When setting up for shooting a scene, evaluating your composition can be tricky with all the elements of the scene popping out at you. Try “unfocusing“. I do not mean to un-focus your camera. This has nothing to do with your camera at this point. I mean “unfocus” your view – through your eyes.
“What?” I can almost hear you saying that right now. O.k., here’s what I mean. I know it sounds kind of crazy, but bear with me.
When I look at a scene or area where I want to take a photo, I tend to look at all of the details of what is in front of me. For example, picture a shoreline shot with rocks along the shore and the coast sweeping out to the right. To the left is a stand of trees and maybe a lighthouse out on a point.
When I get to this place and get ready to shoot, I look at all of these items individually:
- “Those rocks look cool in the foreground.”

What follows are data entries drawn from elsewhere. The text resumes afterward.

-- ===== src/Base/Words.antt =====
-- Unsigned machine words as native numbers, and their big-endian bytes.
use Prim.Native.Nat.{ℕ, ◌+◌, ◌-◌, ◌*◌, ◌/◌, ◌%◌, ◌^◌, ◌<◌}
use mathlib.Core.Path.{◌≡◌}
use mathlib.Core.List.{List, [], ◌∷◌, ◌++◌}
use native.Mathlib.Omega.{arith}

abbrev pub IsByte : ℕ → Type 0
IsByte b = b < 256

abbrev pub IsU16 : ℕ → Type 0
IsU16 x = x < 2 ^ 16

abbrev pub IsU32 : ℕ → Type 0
IsU32 x = x < 2 ^ 32

abbrev pub IsU64 : ℕ → Type 0
IsU64 x = x < 2 ^ 64

-- `e as u32`, and the result of u64 arithmetic.
abbrev pub as_u32 : ℕ → ℕ
as_u32 x = x % 2 ^ 32

abbrev pub as_u64 : ℕ → ℕ
as_u64 x = x % 2 ^ 64

-- `u16::to_be_bytes`, `u32::to_be_bytes` and their inverses.
abbrev pub to_be_bytes16 : ℕ → List ℕ
to_be_bytes16 x = (x / 2 ^ 8 % 256) ∷ (x % 256) ∷ []

abbrev pub to_be_bytes32 : ℕ → List ℕ
to_be_bytes32 x = (x / 2 ^ 24 % 256) ∷ (x / 2 ^ 16 % 256) ∷ (x / 2 ^ 8 % 256) ∷ (x % 256) ∷ []

abbrev pub to_be_bytes64 : ℕ → List ℕ
to_be_bytes64 x = to_be_bytes32 (x / 2 ^ 32) ++ to_be_bytes32 x

abbrev pub from_be_bytes16 : ℕ → ℕ → ℕ
from_be_bytes16 a b = a * 2 ^ 8 + b

abbrev pub from_be_bytes32 : ℕ → ℕ → ℕ → ℕ → ℕ
from_be_bytes32 a b c d = a * 2 ^ 24 + b * 2 ^ 16 + c * 2 ^ 8 + d

pub from_be_bytes16-to_be_bytes16 :
    (x : ℕ) → IsU16 x → from_be_bytes16 (x / 2 ^ 8 % 256) (x % 256) ≡ x
from_be_bytes16-to_be_bytes16 x h = omega arith

pub from_be_bytes32-to_be_bytes32 :
    (x : ℕ)
    → IsU32 x
    → from_be_bytes32 (x / 2 ^ 24 % 256) (x / 2 ^ 16 % 256) (x / 2 ^ 8 % 256) (x % 256) ≡ x
from_be_bytes32-to_be_bytes32 x h = omega arith

pub from_be_bytes32-lt :
    (a b c d : ℕ) → IsByte a → IsByte b → IsByte c → IsByte d → IsU32 (from_be_bytes32 a b c d)
from_be_bytes32-lt a b c d ha hb hc hd = omega arith

pub to_be_bytes32-from_be_bytes32 :
    (a b c d : ℕ)
    → IsByte a
    → IsByte b
    → IsByte c
    → IsByte d
    → to_be_bytes32 (from_be_bytes32 a b c d) ≡ a ∷ b ∷ c ∷ d ∷ []
to_be_bytes32-from_be_bytes32 a b c d ha hb hc hd = ground arith

pub to_be_bytes16-from_be_bytes16 :
    (a b : ℕ) → IsByte a → IsByte b → to_be_bytes16 (from_be_bytes16 a b) ≡ a ∷ b ∷ []
to_be_bytes16-from_be_bytes16 a b ha hb = ground arith

pub from_be_bytes16-lt : (a b : ℕ) → IsByte a → IsByte b → IsU16 (from_be_bytes16 a b)
from_be_bytes16-lt a b ha hb = omega arith

pub zero_add : (n : ℕ) → 0 + n ≡ n
zero_add n = omega arith

-- `n - 1` on a usize, which wraps at 0 (a debug build panics there).
abbrev pub wrapping_pred : ℕ → ℕ
wrapping_pred n = (n + (2 ^ 64 - 1)) % 2 ^ 64

-- An i64: `negsuc n` is -(n + 1).
pub data ℤ : Type 0 where
  pos : ℕ → ℤ
  negsuc : ℕ → ℤ
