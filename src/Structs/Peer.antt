-- ===== src/Structs/Peer.antt =====
-- src/structs/peer.rs: a peer's address, and the compact form of it in a tracker's response.
use iron_peer_417project_pri.Base.{
  ℕ, zero, suc, List, [], ◌∷◌, Option, none, some, if◌then◌else◌, leb, ◌==◌, length, take, drop,
  get_or, from_be_bytes16, Bool, true, false, ◌&&◌, same_bytes, ◌≡◌, refl, ==_iff, same_bytes_iff,
}

pub data IpAddr : Type 0 where
  v4 v6 : List ℕ → IpAddr

pub record SocketAddr : Type 0 where
  pub ip : IpAddr
  pub port : ℕ

pub record Peer : Type 0 where
  pub addr : SocketAddr

-- `Peer::new`
unfoldable pub new_peer : IpAddr → ℕ → Peer
new_peer ip port = record { addr = record { ip = ip; port = port } }

-- `SocketAddr::eq`
same_ip : IpAddr → IpAddr → Bool
same_ip (v4 a) (v4 b) = same_bytes a b
same_ip (v4 a) (v6 b) = false
same_ip (v6 a) (v4 b) = false
same_ip (v6 a) (v6 b) = same_bytes a b

unfoldable pub same_addr : SocketAddr → SocketAddr → Bool
unfolding same_ip
same_addr a b = same_ip a.ip b.ip && a.port == b.port

unfoldable pub from_compact : List ℕ → Option Peer
from_compact compact =
    if length compact == 6
    then some
        (new_peer (v4 (take 4 compact)) (from_be_bytes16 (get_or compact 4 0) (get_or compact 5 0)))
    else (if length compact == 18
        then some (
            new_peer (v6 (take 16 compact))
              (from_be_bytes16 (get_or compact 16 0) (get_or compact 17 0)))
        else none)

-- What a loop does with a peer that was found, or with none.
unfoldable pub push_some : Option Peer → List Peer → List Peer
push_some none peers = peers
push_some (some peer) peers = peer ∷ peers

-- The loop of `from_compact_bytes`: `rest` is `data[offset..]`, and a step takes at least a byte,
-- so that fuel for the length of the data is enough.
unfoldable pub compact_peers : ℕ → List ℕ → List Peer
compact_peers zero rest = []
compact_peers (suc fuel) rest =
    let peers = compact_peers fuel (drop 6 rest) in
    if leb 6 (length rest) then push_some (from_compact (take 6 rest)) peers else []

-- It never fails.
unfoldable pub from_compact_bytes : List ℕ → List Peer
from_compact_bytes bytes = compact_peers (length bytes) bytes

same_ip_refl : (a : IpAddr) → same_ip a a ≡ true
unfolding same_ip
same_ip_refl (v4 a) = (same_bytes_iff a a).1 refl
same_ip_refl (v6 a) = (same_bytes_iff a a).1 refl

pub same_addr_refl : (a : SocketAddr) → same_addr a a ≡ true
unfolding same_addr
same_addr_refl a = rw (same_ip_refl a.ip, (==_iff a.port a.port).1 refl) refl
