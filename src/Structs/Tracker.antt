-- ===== src/Structs/Tracker.antt =====
-- src/structs/tracker.rs: the peers that a tracker's response names. The response itself is
-- decoded by serde.
use Prim.Native.String.{String}
use iron_peer_417project_pri.Base.{
  ℕ, zero, suc, List, [], ◌∷◌, Option, none, some, Bool, true, false, if◌then◌else◌, leb, length,
  take, drop,
}
use iron_peer_417project_pri.Structs.Peer.{Peer, IpAddr, new_peer, from_compact}

pub record PeerDict : Type 0 where
  pub peer_id : Option String
  pub ip : String
  pub port : ℕ

pub data PeerList : Type 0 where
  compact : List ℕ → PeerList
  non_compact : List PeerDict → PeerList

pub record TrackerResponse : Type 0 where
  pub warning_message : Option String
  pub min_interval : Option ℕ
  pub interval : ℕ
  pub tracker_id : Option String
  pub complete : Option ℕ
  pub incomplete : Option ℕ
  pub peers : PeerList
  pub failure_reason : Option String

-- What the deserializer calls the visitor of `PeerList` with: a text or a string of bytes, or a list
-- whose elements may fail to be a `PeerDict`.
pub data Visited : Type 0 where
  visit_str visit_bytes : List ℕ → Visited
  visit_seq : List (Option PeerDict) → Visited

-- `while let Some(peer) = seq.next_element::<PeerDict>()?`
unfoldable pub collect_peers : List (Option PeerDict) → Option (List PeerDict)
collect_peers [] = some []
collect_peers (none ∷ rest) = none
collect_peers (some peer ∷ rest) = elim (collect_peers rest) [
  | none ↦ none
  | some peers ↦ some (peer ∷ peers)
]

-- A none is an error of the deserializer.
unfoldable pub deserialize_peers : Visited → Option PeerList
deserialize_peers (visit_str v) = some (compact v)
deserialize_peers (visit_bytes v) = some (compact v)
deserialize_peers (visit_seq elements) = elim (collect_peers elements) [
  | none ↦ none
  | some peers ↦ some (non_compact peers)
]

no_items : {A : Type 0} → List A → Bool
no_items [] = true
no_items (x ∷ xs) = false

unfoldable pub is_empty : TrackerResponse → Bool
unfolding no_items
is_empty r = elim r.peers [ compact bytes ↦ no_items bytes | non_compact peers ↦ no_items peers ]

-- The loop of `parse_peers` over compact data: `rest` is `data[offset..]`.
unfoldable pub parse_compact : ℕ → List ℕ → List Peer
parse_compact zero rest = []
parse_compact (suc fuel) rest =
    let after_v4 = parse_compact fuel (drop 6 rest) in
    let after_v6 = parse_compact fuel (drop 18 rest) in
    if leb 6 (length rest)
    then elim (from_compact (take 6 rest)) [
      | some peer ↦ peer ∷ after_v4
      | none ↦
          if leb 18 (length rest)
          then elim (from_compact (take 18 rest)) [ some peer ↦ peer ∷ after_v6 | none ↦ [] ]
          else []
    ]
    else []

-- The `filter_map` over the dictionaries; `std` parses an address.
unfoldable pub parse_dicts : (String → Option IpAddr) → List PeerDict → List Peer
parse_dicts parse_ip [] = []
parse_dicts parse_ip (p ∷ ps) = elim (parse_ip p.ip) [
  | some ip ↦ new_peer ip p.port ∷ parse_dicts parse_ip ps
  | none ↦ parse_dicts parse_ip ps
]

unfoldable pub parse_peers : (String → Option IpAddr) → TrackerResponse → List Peer
parse_peers parse_ip r = elim r.peers [
  | compact bytes ↦ parse_compact (length bytes) bytes
  | non_compact peers ↦ parse_dicts parse_ip peers
]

- “How can I make them look bigger in the scene?”
- “I want to get that lighthouse in the photo but the trees are moving a lot so I should use a fast shutter speed.”
Can’t you just hear these things (and many more) going on in your head? They are in mine.
I’ve had to learn to just stop thinking this stuff for a moment, and focus on the composition. After all, if the composition of the photo is not correct, then nothing else is going to matter. It won’t matter if the rocks are sharp and clear if the lighthouse is cut in half in the final photo. So, to focus on just the composition of the scene, I have to unfocus my eyes to just see the general shapes. Try it. If you unfocus your vision so that everything becomes blurry, you will see only the basic shapes and outlines of things. Come on, try it. You have to artificially focus on something that is too close to you. If you can’t do it, try putting your finger out in front of you and focus on that. The background will become blurry.
With this blurriness and being able now to see just the basic shapes, I can see where the lines and shapes of the composition are located and I can position my camera to take the shot with the composition in mind. I don’t walk around with blurry vision and unfocused sight all of the time, but instead I use this technique initially to get an idea of the shapes in my composition. After they are visible using this technique, I know where they are and can carry on as usual.
It doesn’t just work when out shooting either. It can work at the computer when cropping or re-framing shots on the screen. I use it when editing all of the time.
I’ll agree with you that this technique sounds weird, but it really helps me see the composition elements more clearly without all of the distractions. Try it.
Thank you for reading what I wrote — I hope you enjoyed it.